Reflections on Chandramohan S’s poetry
By Aaron Sherraden
Chandramohan S’s strength comes with his ability to connect. Chandramohan connects his poems to each other, he connects his poems to the work of other poets, he connects his readers to the world of oppressed experience at a number of levels, and he connects struggle to struggle. Chandramohan is unapologetic in his treatment of humanity. He stands by his conviction and will not let the reader make excuses for hypocrisy, inaction, or injustice done to oneself or others. His poems depict the pain and frustration that he himself feels and that which he observes around him. As a Dalit writer, much of his subject matter naturally relates to caste, but leaving him in this category is unfair. He devotes the anger and vulnerability in his art to addressing and empowering victims of patriarchy, globalization, sexism, objectification, greed, violence, exploitation, homophobia, and casteism. It is this quality that makes all the titles that could be attributed to him – Dalit poet, English poet, feminist, activist, advocate, ally – appropriate but none of them wholly sufficient.
No single perspective has the monopoly as Chandramohan writes his poems. Some of his poems are voiced to portray the oppressed, others for the reformation of the oppressor or the activation of the observer. Whatever the narrative strategy may be in a particular poem, all paths that span Chandramohan’s body of work lead the various streams of his readership to the same destination of justice and equality for the oppressed.

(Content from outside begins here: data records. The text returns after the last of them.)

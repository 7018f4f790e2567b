-- ===== src/Tracker/Reader/Names.antt =====
-- Lists of tables (internal/tracker/reader.go): the first that has a block, membership, and lists without repeats.
use logblock.Prelude.{
  ℕ, ◌≡◌, refl, ap, ◌∙◌, Bool, true, false, ◌||◌, Option, none, some, List, [], ◌∷◌, ◌++◌, arith,
  if◌then◌else◌, append-nil,
}
use logblock.BlockMap.{is_member}
use logblock.Tracker.Reader.{reverse, delete_merged}

abbrev pub or_first : Option ℕ → Option ℕ → Option ℕ
or_first none y = y
or_first (some x) y = some x

-- The first of the names that has the block
unfoldable pub first : (ℕ → ℕ → Bool) → List ℕ → ℕ → Option ℕ
first has [] b = none
first has (x ∷ xs) b = if has x b then some x else first has xs b

abbrev pub Distinct : List ℕ → Type 0
Distinct [] = Unit
Distinct (x ∷ xs) = (is_member x xs ≡ false) × Distinct xs

module _ (has : ℕ → ℕ → Bool) (b : ℕ) where
  pub first-append :
      (xs ys : List ℕ) → first has (xs ++ ys) b ≡ or_first (first has xs b) (first has ys b)
  unfolding first
  first-append [] ys = refl
  first-append (x ∷ xs) ys = ground (arith, first-append xs ys)

  -- A list whose names are all among those before it adds nothing.
  pub first_again :
      (xs ys : List ℕ) (o : Option ℕ)
      → or_first (first has (xs ++ ys) b) (or_first (first has ys b) o)
        ≡ or_first (first has (xs ++ ys) b) o
  first_again xs ys o = ground (arith, first-append xs ys)

pub is_member-append :
    (x : ℕ) (xs ys : List ℕ) → is_member x (xs ++ ys) ≡ (is_member x xs || is_member x ys)
unfolding is_member
is_member-append x [] ys = refl
is_member-append x (y ∷ xs) ys = ground (arith, is_member-append x xs ys)

is_member-reverse : (x : ℕ) (xs : List ℕ) → is_member x (reverse xs) ≡ is_member x xs
unfolding is_member reverse
is_member-reverse x [] = refl
is_member-reverse x (y ∷ xs) =
    is_member-append x (reverse xs) (y ∷ []) ∙ ground (arith, is_member-reverse x xs)

pub Distinct-drop : (xs ys : List ℕ) → Distinct (xs ++ ys) → Distinct ys
Distinct-drop [] ys d = d
Distinct-drop (x ∷ xs) ys d = Distinct-drop xs ys d.1

pub Distinct-take : (xs ys : List ℕ) → Distinct (xs ++ ys) → Distinct xs
Distinct-take [] ys d = tt
Distinct-take (x ∷ xs) ys d =
    (ground (arith, d.0, is_member-append x xs ys), Distinct-take xs ys d.1)

Distinct-apart :
    (x : ℕ) (xs ys : List ℕ) → Distinct (xs ++ ys) → is_member x xs ≡ true → is_member x ys ≡ false
unfolding is_member
Distinct-apart x [] ys d h = absurd (ground (arith, h))
Distinct-apart x (y ∷ xs) ys d h =
    ground (arith, d.0, is_member-append y xs ys, Distinct-apart x xs ys d.1)

reverse-append : (xs : List ℕ) (x : ℕ) → reverse (xs ++ x ∷ []) ≡ x ∷ reverse xs
unfolding reverse
reverse-append [] x = refl
reverse-append (y ∷ xs) x = ap (λ t. t ++ y ∷ []) (reverse-append xs x)

pub reverse-reverse : (xs : List ℕ) → reverse (reverse xs) ≡ xs
unfolding reverse
reverse-reverse [] = refl
reverse-reverse (x ∷ xs) = reverse-append (reverse xs) x ∙ ap (λ t. x ∷ t) (reverse-reverse xs)

module _ (rs : List ℕ) where
  delete_merged-append :
      (xs ys : List ℕ) → delete_merged rs (xs ++ ys) ≡ delete_merged rs xs ++ delete_merged rs ys
  unfolding delete_merged
  delete_merged-append [] ys = refl
  delete_merged-append (x ∷ xs) ys = ground (arith, delete_merged-append xs ys)

  delete_all :
      (xs : List ℕ)
      → ((x : ℕ) → is_member x xs ≡ true → is_member x rs ≡ true)
      → delete_merged rs xs ≡ []
  unfolding delete_merged is_member
  delete_all [] h = refl
  delete_all (x ∷ xs) h =
      ground (arith, h x (ground arith), delete_all xs (λ y m. h y (ground (arith, m))))

  delete_nothing :
      (xs : List ℕ)
      → ((x : ℕ) → is_member x xs ≡ true → is_member x rs ≡ false)
      → delete_merged rs xs ≡ xs
  unfolding delete_merged is_member
  delete_nothing [] h = refl
  delete_nothing (x ∷ xs) h =
      ground (arith, h x (ground arith), delete_nothing xs (λ y m. h y (ground (arith, m))))

-- What is left of the pending tables after a merge
pub delete_merged-reverse :
    (extra p : List ℕ) → Distinct (extra ++ p) → delete_merged (reverse p) (extra ++ p) ≡ extra
delete_merged-reverse extra p d =
    delete_merged-append (reverse p) extra p
    ∙ (λ i.
        delete_nothing (reverse p) extra
          (λ x m. is_member-reverse x p ∙ Distinct-apart x extra p d m) i
        ++ delete_all (reverse p) p (λ x m. is_member-reverse x p ∙ m) i)
    ∙ append-nil extra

The aggressive bluntness of Chandramohan’s poetry is often punctuated by a pointed brevity and numerous references to the legal injunctions, mythology, and history of his surroundings that have converged into a long-building momentum of oppression aimed at the communities he features in his work. He invokes, among many other things, the misuse of the Unlawful Activities (Prevention) Act, the whiplash of High Court and Supreme Court rulings associated with Sec. 377 of the IPC, the casteism behind Shambuka’s death, and the revolutionary actions of prominent historical figures in Kerala like Ayyankali and Nangeli, the 19th-century Ezhava woman who cut off her breasts in protest of the breast tax in Travencore. With such clear references, subtlety is not what Chandramohan is after. He wants his reader to know exactly what his message is and exactly what stance he takes. But a de-emphasis of subtlety is not to be mistaken for a scarcity of craft, which permeates every aspect of his work. I will give one of my favorite examples:
Chandramohan delivers his most recent work, Letters to Namdeo Dhasal (Desirepaths 2016), with a precision in his art that is demonstrated through the interplay between the book’s cover and its opening poem, Killing Shambuka. The cover evokes a fury of violent anger, helplessness, struggle, and elitism in its imagery.

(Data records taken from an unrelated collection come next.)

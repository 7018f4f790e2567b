-- ===== src/Tracker/Reader/Pushes.antt =====
-- What calls on the block map by internal/tracker/reader.go do
use logblock.Prelude.{
  ℕ, update, ◌^◌, ◌≤◌, ◌<◌, ◌≡◌, ◌≢◌, refl, sym, ap, ◌∙◌, subst, inl, inr, Bool, false, Option,
  none, some, List, [], ◌∷◌, arith, if◌then◌else◌, ◌==◌, Bool-cases,
}
use logblock.Readers.Views.{SoundReader}
use logblock.RangeMap.Index.{RangeIndex}
use logblock.BlockMap.{FreeSet, BlockMap, is_member, delete_table, find, remove_table}
use logblock.BlockMap.Push.{has_block}
use logblock.BlockMap.Tables.{IsConsistent, find-remove_table}

-- What the block map knows of a name
abbrev pub Unknown : {I : RangeIndex} {F : FreeSet} → BlockMap I F → ℕ → Type 0
Unknown r x = (is_member x r.rs ≡ false) × (r.index_map x ≡ none)

is_member-delete_table :
    (x y : ℕ) (xs : List ℕ) → is_member x xs ≡ false → is_member x (delete_table y xs) ≡ false
unfolding is_member delete_table
is_member-delete_table x y [] h = refl
is_member-delete_table x y (z ∷ xs) h = ground (arith, is_member-delete_table x y xs)

module _ (I : RangeIndex) (F : FreeSet) where
  module _ {block_size num_blocks : ℕ} (t : ℕ → SoundReader block_size)
      (small : num_blocks < 2 ^ 63)
      (bounded : (x b : ℕ) → num_blocks ≤ b → (t x).view b ≡ none) where
    abbrev pub has : ℕ → ℕ → Bool
    has x b = has_block ((t x).view b)

    -- What a call of PushReader for a table that was unknown has made of the block map when it ends
    abbrev pub IsIndexed : BlockMap I F → ℕ → BlockMap I F → Type 0
    IsIndexed r br p =
        IsConsistent I F p
        × ((b : ℕ) → find I F p b ≡ (if has br b then some br else find I F r b))
        × ((x : ℕ) → (x == br) ≡ false → Unknown r x → Unknown p x)

  abbrev or_map : Option (BlockMap I F) → BlockMap I F → BlockMap I F
  or_map none r = r
  or_map (some p) r = p

  abbrev removed_table : BlockMap I F → ℕ → ℕ → BlockMap I F
  removed_table r br iv = record r {
    rs = delete_table br r.rs;
    index_map = update r.index_map br none;
    value_map = update r.value_map iv none;
    free_set = F.set r.free_set iv;
  }

  pub remove_table_lem :
      (r : BlockMap I F) (br iv : ℕ) (p : BlockMap I F)
      → IsConsistent I F r
      → r.index_map br ≡ some iv
      → ((b : ℕ) → I.get r.range_map b ≢ some iv)
      → remove_table I F br r ≡ some p
      → IsConsistent I F p
        × ((b : ℕ) → find I F p b ≡ find I F r b)
        × ((x : ℕ) → Unknown r x → Unknown p x)
  unfolding remove_table
  remove_table_lem r br iv p consistent number dead e = elim (Bool-cases (iv == 0)) [
    | inl zero_number ↦
        let fails : remove_table I F br r ≡ none =
          rw (number, remove_table) (rw zero_number refl) in
        absurd (ground (arith, sym fails ∙ e))
    | inr positive ↦
        let removed = removed_table r br iv in
        let result : remove_table I F br r ≡ some removed =
          rw (number, remove_table) (rw positive refl) in
        let same : removed ≡ p = ap (λ o. or_map o r) (sym result ∙ e) in
        let (q, ok, good, finds) =
          find-remove_table I F r br iv consistent number (ground (arith, positive)) dead in
        let also : q ≡ p = ap (λ o. or_map o r) (sym ok ∙ e) in
        (
          subst (IsConsistent I F) also good,
          (λ b. ap (λ k. find I F k b) (sym also) ∙ finds b),
          λ x u. (
            ap (λ k. is_member x k.rs) (sym same) ∙ is_member-delete_table x br r.rs u.0,
            ap (λ k. k.index_map x) (sym same) ∙ ground (arith, u.1),
          ),
        )
  ]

- There are men suspended in the air recalling the infamous photo depicting Thomas Shipp and Abram Smith after they were mercilessly lynched and heartlessly gawked at in 1930. This is the same photo that inspired Abel Meeropol’s poem “Strange Fruit”, to which Chandramohan pays homage through the lines of his “Killing Shambuka”.
- Ceiling fans hover above the lynched victims, draped with blue flags, an image of the Ambedkar Students’ Association banner that Rohith Vemula used to hang himself from the hostel ceiling fan at the University of Hyderabad.
- A blue-skinned, multi-armed figure frantically and violently decapitates a condemned man kneeling before him with a cartoonish flood of blood spilling out across the entire cover –Shambuka is killed for his transgressions during Ram Rajya.
All of this imagery is, in turn, perfectly strung together in a mere five lines of poetry and a title:
Jim Crow segregated hostel rooms,
Ceiling fans bear a strange fruit,
Blood on books and blood on papers,
A black body swinging in mute silences,
Strange fruit hanging from tridents.
A single poem of so few words has the ability to travel the world to find a powerful resonance of common experience. “Killing Shambuka” reanimates the horror of the racial injustices during 1930s America, while condemning the caste atrocities happening in India today, all within a framework set by a title borrowing the connotations of a 2000 year-old mythology. The connections are now permanently with me. The way I hear Billie Holiday sing Strange Fruit is forever changed. This is the power of Chandramohan’s poetry.
Aaron Sherraden is a PhD Candidate in Asian Studies at the University of Texas at Austin.